Identification of Natural Nicotine and Synthetic Nicotine by Tandem Mass Spectrometry Based on Isotope Pattern Peaks

“Tobacco-free” or synthetic nicotine products have been favored by the majority of young people, which undoubtedly increase the potential health risks and regulatory challenges. Currently, there are few reliable methods for the determination of authenticity of natural nicotine and synthetic nicotine. The analytical techniques based on mass spectrometry have broad application prospects in component sequence analysis, structure analysis, molecular weight determination and component content determination. The synthesis processes of natural nicotine and synthetic nicotine are different, and their isotopic fractionations are also different. Here, a method of tandem mass spectrometry based on isotope model peak was developed using this feature. The source or naturalness of nicotine is verified by comparing the abundance and area ratio of M+H⁺ and M+H+1⁺ peaks of nicotine, and the abundance ratio of M+H⁺ and M+H+1⁺ peaks as fragments of parent ions.

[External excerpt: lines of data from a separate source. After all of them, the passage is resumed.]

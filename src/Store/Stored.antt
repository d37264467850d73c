-- ===== src/Store/Stored.antt =====
-- A store whose memory is the state in its file, and what a write leaves of it.
use base_layer.Base.{true, ◌≡◌, ap, ◌∙◌, Result, ok}
use base_layer.Types.{StateFile}
use base_layer.Types.Schema.{Formats}
use base_layer.Store.File.{ControlPlaneStore, StoreFile, persist}
use base_layer.Store.Monad.{M, finish, mutated, with_write_lock}
use base_layer.Store.Durability.{locked_write, reopen}
use base_layer.Store.Durability.Validity.{Valid}

abbrev pub stored : StateFile → ControlPlaneStore
stored s = record { file = StoreFile.content s; state = s; loaded = true }

-- A change of a valid state that returns is what its write leaves.
pub write-stored :
    {A : Type 0} (formats : Formats) (lock : Result (Unit {0})) (m : M A) (s t : StateFile) {a : A}
    → lock ≡ ok tt
    → Valid formats s
    → m s ≡ (ok a, t)
    → with_write_lock formats lock m (stored s) ≡ (ok a, stored t)
unfolding finish persist
write-stored formats lock m s t l v e =
    ap (λ z. with_write_lock formats z m (stored s)) l
    ∙ locked_write formats tt m (stored s)
    ∙ ap (mutated m (stored s)) (reopen formats s v)
    ∙ ap (finish (stored s)) e
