-- ===== src/Server/Report/Events.antt =====
-- The events of a report: each is recorded, and none changes a session.
use base_layer.Base.{
  Bool, true, false, ◌&&◌, not, Option, none, some, String, ◌≡◌, refl, ap, ◌∙◌, ok, truthy,
  same_text, sized,
}
use base_layer.Types.{
  StateFile, SessionRecord, SessionEventRecord, SessionActivityState, pending, failed, launching,
  active_navigation, interactive_idle, soak_idle, terminating, same_status, SessionMetrics,
  SessionLogSnapshot, SessionStatus, running, terminated,
}
use base_layer.Types.Schema.{valid_event, parse_event, valid_event_data, valid_scalar}
use base_layer.Types.Platform.{Platform}
use base_layer.Query.{status_text}
use base_layer.Store.Effective.{cleanup_expired_reservations}
use base_layer.Store.Writes.{put_event, append_session_event}
use base_layer.Store.Durability.Validity.{Valid, Valid-Closed}
use base_layer.Store.Stored.{stored, write-stored}
use base_layer.Server.Handler.{Handler, ◌>>◌, go_on, pure, Reply, send}
use base_layer.Server.Report.{
  SessionUpdate, Call, ReportRun, next_status, record_event, when, status_event, exit_event,
  activity_event, metrics_event, logs_event, metrics_step, logs_step, report_events,
  next_exit_reason, next_metrics, activity_of, activity_scalar, activity_changed, status_details,
  activity_details, metrics_details,
}

-- The details of the reports pass the event's schema.
status-valid : (a b : SessionStatus) → valid_event_data (status_details a b) ≡ true
unfolding valid_event_data valid_scalar sized
status-valid a b = rw (text-sized a, text-sized b)
  where
    text-sized : (c : SessionStatus) → sized 0 512 (status_text c) ≡ true
    text-sized pending = refl
    text-sized running = refl
    text-sized terminating = refl
    text-sized terminated = refl
    text-sized failed = refl

pub scalar-valid : (o : Option SessionActivityState) → valid_scalar (activity_scalar o) ≡ true
unfolding valid_scalar sized
scalar-valid none = refl
scalar-valid (some launching) = refl
scalar-valid (some active_navigation) = refl
scalar-valid (some interactive_idle) = refl
scalar-valid (some soak_idle) = refl

activity-valid :
    (a b : Option SessionActivityState) → valid_event_data (activity_details a b) ≡ true
unfolding valid_event_data sized
activity-valid a b = rw (scalar-valid a, scalar-valid b)

metrics_details-valid : (m : SessionMetrics) → valid_event_data (metrics_details m) ≡ true
unfolding valid_event_data valid_scalar sized
metrics_details-valid m = refl

-- No wait for the lock runs out of time.
abbrev pub Unhindered : ReportRun → Type 0
Unhindered run =
    (run.upsert.lock ≡ ok tt)
    × (run.status_event.lock ≡ ok tt)
    × (run.exit_event.lock ≡ ok tt)
    × (run.activity_event.lock ≡ ok tt)
    × (run.metrics_event.lock ≡ ok tt)
    × (run.logs_event.lock ≡ ok tt)

module _ (platform : Platform) where
  open platform use {formats}

  -- A step that returns on a stored state, and leaves a stored one with the same sessions.
  pub record Quiet (step : Handler (Unit {0})) : Type 0 where
    pub on :
        (s : StateFile)
        → Valid formats s
        → (t : StateFile) × (step (stored s) ≡ (ok tt, stored t))
          × Valid formats t
          × (t.sessions ≡ s.sessions)

  pub record_event-Quiet :
      (call : Call) (e : SessionEventRecord)
      → call.lock ≡ ok tt
      → valid_event e ≡ true
      → Quiet (record_event platform call e)
  unfolding append_session_event parse_event put_event cleanup_expired_reservations
  record_event-Quiet call e l ve = record {
    on = λ s v.
        let tidy = cleanup_expired_reservations call.now s in
        let c = Valid-Closed platform in
        let returns : append_session_event platform e call.now s ≡ (ok e, put_event e tidy) =
          rw ve in
        (
          put_event e tidy,
          ap (λ z. go_on z (λ _ st. (ok tt, st)))
              (write-stored formats call.lock (append_session_event platform e call.now) s
                (put_event e tidy) l v returns),
          c.event e tidy ve (c.cleanup call.now s v),
          refl,
        );
  }

  pure-Quiet : Quiet (pure tt)
  pure-Quiet = record { on = λ s v. (s, refl, v, refl) }

  when-Quiet : (b : Bool) (step : Handler (Unit {0})) → Quiet step → Quiet (when b step)
  when-Quiet true step q = q
  when-Quiet false step q = pure-Quiet

  -- A handler that replies 202 on a stored state, and leaves a stored one with the same sessions.
  pub record Sends (m : Handler Reply) : Type 0 where
    pub on :
        (s : StateFile)
        → Valid formats s
        → (t : StateFile) × (m (stored s) ≡ (ok (send 202), stored t)) × (t.sessions ≡ s.sessions)

  then-Sends :
      (step : Handler (Unit {0})) (m : Handler Reply) → Quiet step → Sends m → Sends (step >> m)
  then-Sends step m q k = record {
    on = λ s v.
        let (u, e, w, r) = q.on s v in
        let (t, e', r') = k.on u w in (t, ap (λ z. go_on z (λ _. m)) e ∙ e', r' ∙ r);
  }

  module _ (run : ReportRun) (body : SessionUpdate) (id : String) where
    metrics_step-Quiet :
        (o : Option SessionMetrics) (v : SessionRecord)
        → run.metrics_event.lock ≡ ok tt
        → Quiet (metrics_step platform run body id o v)
    unfolding metrics_step valid_event
    metrics_step-Quiet none x l = pure-Quiet
    metrics_step-Quiet (some m) x l =
        record_event-Quiet run.metrics_event (metrics_event platform run body id x m) l
          (metrics_details-valid m)

    logs_step-Quiet :
        (o : Option SessionLogSnapshot) (v : SessionRecord)
        → run.logs_event.lock ≡ ok tt
        → Quiet (logs_step platform run body id o v)
    unfolding logs_step valid_event valid_event_data valid_scalar sized
    logs_step-Quiet none x l = pure-Quiet
    logs_step-Quiet (some m) x l =
        record_event-Quiet run.logs_event (logs_event platform run body id x m) l refl

    status-Quiet :
        (b : Bool) (x : SessionRecord)
        → run.status_event.lock ≡ ok tt
        → Quiet
            (when b (record_event platform run.status_event (status_event platform run body id x)))
    unfolding valid_event status_event
    status-Quiet b x l = when-Quiet b _ (
        record_event-Quiet run.status_event (status_event platform run body id x) l
          (status-valid x.status (next_status body x)))

    exit-Quiet :
        (b : Bool) (x : SessionRecord)
        → run.exit_event.lock ≡ ok tt
        → Quiet (when b (record_event platform run.exit_event (exit_event platform run body id x)))
    unfolding valid_event exit_event
    exit-Quiet b x l =
        when-Quiet b _
          (record_event-Quiet run.exit_event (exit_event platform run body id x) l refl)

    activity-Quiet :
        (b : Bool) (x : SessionRecord)
        → run.activity_event.lock ≡ ok tt
        → Quiet (
            when b
              (record_event platform run.activity_event (activity_event platform run body id x)))
    unfolding valid_event activity_event
    activity-Quiet b x l = when-Quiet b _ (
        record_event-Quiet run.activity_event (activity_event platform run body id x) l
          (activity-valid (activity_of x.last_known_metrics) (activity_of (next_metrics body x))))

    -- The events, and the reply.
    pub events_lem :
        (v : SessionRecord) → Unhindered run → Sends (report_events platform run body id v)
    unfolding report_events
    events_lem v (l0, l1, l2, l3, l4, l5) =
        let a3 =
          activity_changed (activity_of (next_metrics body v)) (activity_of v.last_known_metrics) in
        let a2 =
          truthy (next_exit_reason body v)
          && not (same_text (next_exit_reason body v) v.exit_reason) in
        let a1 = not (same_status (next_status body v) v.status) in
        then-Sends _ _ (status-Quiet a1 v l1) (
          then-Sends _ _ (exit-Quiet a2 v l2) (
            then-Sends _ _ (activity-Quiet a3 v l3) (
              then-Sends _ _ (metrics_step-Quiet body.last_known_metrics v l4) (
                then-Sends _ _ (logs_step-Quiet body.recent_logs v l5)
                  (record { on = λ s valid. (s, refl, refl) })))))
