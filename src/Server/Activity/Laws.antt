-- ===== src/Server/Activity/Laws.antt =====
-- What an update of the activity leaves in the store.
use base_layer.Base.{
  ℕ, true, Option, none, some, String, ◌≡◌, ◌≢◌, ◌⊎◌, refl, sym, ap, ◌∙◌, arith, Result, ok, inl,
  inr, sized, Bool-cases, Option-cases, Result-cases, subst, find, ◌==◌,
}
use base_layer.Base.Dict.{lookup}
use base_layer.Types.{StateFile, HostRecord, SessionRecord, SessionActivityState}
use base_layer.Types.Schema.{valid_event, valid_event_data, valid_scalar}
use base_layer.Types.Platform.{Platform}
use base_layer.Partner.{PartnerAuthContext, can_partner_access_session}
use base_layer.Store.File.{ControlPlaneStore}
use base_layer.Store.Reads.{get_session, get_host}
use base_layer.Store.Monad.{with_write_lock}
use base_layer.Store.Stored.{stored}
use base_layer.Store.Effective.{effective_hosts}
use base_layer.Store.Durability.Validity.{Valid}
use base_layer.Store.Settled.{reading-Settled, stored-Settled}
use base_layer.Server.Handler.{go_on, Reply, send}
use base_layer.Server.Report.{activity_of, record_event}
use base_layer.Server.Report.Events.{record_event-Quiet, scalar-valid}
use base_layer.Server.Activity.{
  ActivityRun, update_details, update_event, update_on, update_found, update_seen, caught,
  update_session_activity_from_request, update_v1_activity,
}

update_details-valid :
    (a : Option SessionActivityState) (b : SessionActivityState)
    → valid_event_data (update_details a b) ≡ true
unfolding valid_event_data valid_scalar sized
update_details-valid a b = rw (scalar-valid a, scalar-valid (some b))

module _ (platform : Platform) (run : ActivityRun) (id : String) (s : StateFile) where
  open platform use {formats}

  -- The store is left with the same sessions, and 204 is answered only where the node agent agreed.
  abbrev pub Kept : Result Reply × ControlPlaneStore → Type 0
  Kept r =
      (status : ℕ) × (t : StateFile) × (r ≡ (ok (send status), stored t))
      × (t.sessions ≡ s.sessions)
      × ((status ≢ 204) ⊎ ((host : HostRecord) × (run.remote host ≡ ok tt)))

  -- The recording of the event.
  record-Kept :
      Valid formats s
      → (host : HostRecord) → run.remote host ≡ ok tt
      → (v : SessionRecord) (next : SessionActivityState)
      → Kept (
          caught (record_event platform run.event (update_event platform run id v next) (stored s)))
  unfolding valid_event update_event with_write_lock
  record-Kept valid host agreed v next = elim (Result-cases run.event.lock) [
    | inl (_, free) ↦
        let quiet =
          record_event-Quiet platform run.event (update_event platform run id v next) free
            (update_details-valid (activity_of v.last_known_metrics) next) in
        let (t, e, _, same) = quiet.on s valid in (204, t, ap caught e, same, inr (host, agreed))
    | inr (x, late) ↦ (502, s, rw late, refl, inl (λ e. ground arith))
  ]

  update_on-Kept :
      Valid formats s
      → run.others (stored s) ≡ stored s
      → (o : Option HostRecord) (v : SessionRecord) (next : SessionActivityState)
      → Kept (update_on platform run id o v next (stored s))
  update_on-Kept valid alone none v next = (409, s, refl, refl, inl (λ e. ground arith))
  update_on-Kept valid alone (some host) v next = elim (Result-cases (run.remote host)) [
    | inl (_, e) ↦ rw (alone, e) (record-Kept valid host e v next)
    | inr (x, e) ↦ (502, s, rw (alone, e), refl, inl (λ e. ground arith))
  ]

  update_found-Kept :
      Valid formats s
      → run.others (stored s) ≡ stored s
      → (parsed : Option SessionActivityState) (o : Option SessionRecord)
      → Kept (update_found platform run id parsed o (stored s))
  unfolding get_host
  update_found-Kept valid alone parsed none = (404, s, refl, refl, inl (λ e. ground arith))
  update_found-Kept valid alone none (some v) = (400, s, refl, refl, inl (λ e. ground arith))
  update_found-Kept valid alone (some next) (some v) =
      subst (λ r. Kept (go_on r (λ host. update_on platform run id host v next)))
        (sym (
          reading-Settled formats
            (λ u.
              find (λ host. HostRecord.host_id host == v.host_id)
                (effective_hosts platform.locale_compare run.now u))
            (stored s) (stored-Settled formats s valid)))
        (update_on-Kept valid alone _ v next)

  seen_as :
      Valid formats s
      → {A : Type 0} (f : Option SessionRecord → ControlPlaneStore → Result A × ControlPlaneStore)
      → go_on (get_session platform id (stored s)) f ≡ f (lookup id s.sessions) (stored s)
  unfolding get_session
  seen_as valid f =
      ap (λ z. go_on z f)
        (reading-Settled formats (λ u. lookup id u.sessions) (stored s)
          (stored-Settled formats s valid))

  -- An update of the activity that a partner asks for, where nobody else changes the store meanwhile, is
  -- answered, and leaves a store with the same sessions. It is answered with 204 only where the session
  -- is stored and within reach of the partner and the node agent of a host has accepted the update.
  pub update_v1_activity-answered :
      (auth : Option PartnerAuthContext) (parsed : Option SessionActivityState)
      → Valid formats s
      → run.others (stored s) ≡ stored s
      → (status : ℕ) × (t : StateFile) × (update_v1_activity platform run id auth parsed (stored s)
          ≡ (ok (send status), stored t))
        × (t.sessions ≡ s.sessions)
        × ((status ≢ 204)
            ⊎ ((session : SessionRecord) × (host : HostRecord) × (lookup id s.sessions
                  ≡ some session)
                × (can_partner_access_session session auth ≡ true)
                × (run.remote host ≡ ok tt)))
  unfolding update_v1_activity update_session_activity_from_request
  update_v1_activity-answered auth parsed valid alone =
      let first = seen_as valid (update_seen platform run id auth parsed) in
      elim (Option-cases (lookup id s.sessions)) [
        | inl e ↦ (404, s, first ∙ rw e, refl, inl (λ e. ground arith))
        | inr (v, e) ↦ elim (Bool-cases (can_partner_access_session v auth)) [
          | inl mine ↦
              let (status, t, done, same, why) = update_found-Kept valid alone parsed (some v) in
              let second = seen_as valid (update_found platform run id parsed) in
              (
                status,
                t,
                first ∙ rw (e, mine) (second ∙ rw e done),
                same,
                elim why [ inl n ↦ inl n | inr (host, agreed) ↦ inr (v, host, e, mine, agreed) ],
              )
          | inr other ↦ (404, s, first ∙ rw (e, other), refl, inl (λ e. ground arith))
        ]
      ]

A total of 47 experimental results showed that the m/z 164.1, 163.1 peak abundance ratios and the area ratios of natural nicotine and synthetic nicotine in MS spectra were significantly different. In addition, in MS/MS spectra, the abundance ratios of fragment ions of m/z 163.1, 164.1 also had significant differences. Among the variables with significant differences, the overall abundance ratio of synthetic nicotine was higher than that of natural nicotine. The evaluation model for the identification of natural nicotine and synthetic nicotine was further constructed by combining chemometric methods. Using OPLS-DA modeling, the discriminant accuracy was 97.87%. Moreover, rankings of importance of variables differed depending on the model of the evaluation. 164.1-85.1/84.1, 164.1-85.1/(84.1+85.1), 163.1-131.1/131.1, 163.1-131.1/(130.1+131.1) were the key discriminant variables. This method has the advantages of simple operation, rapid operation and no need for quantitative analysis, which will help to accurately identify, label and supervise tobacco products from different nicotine sources on the market.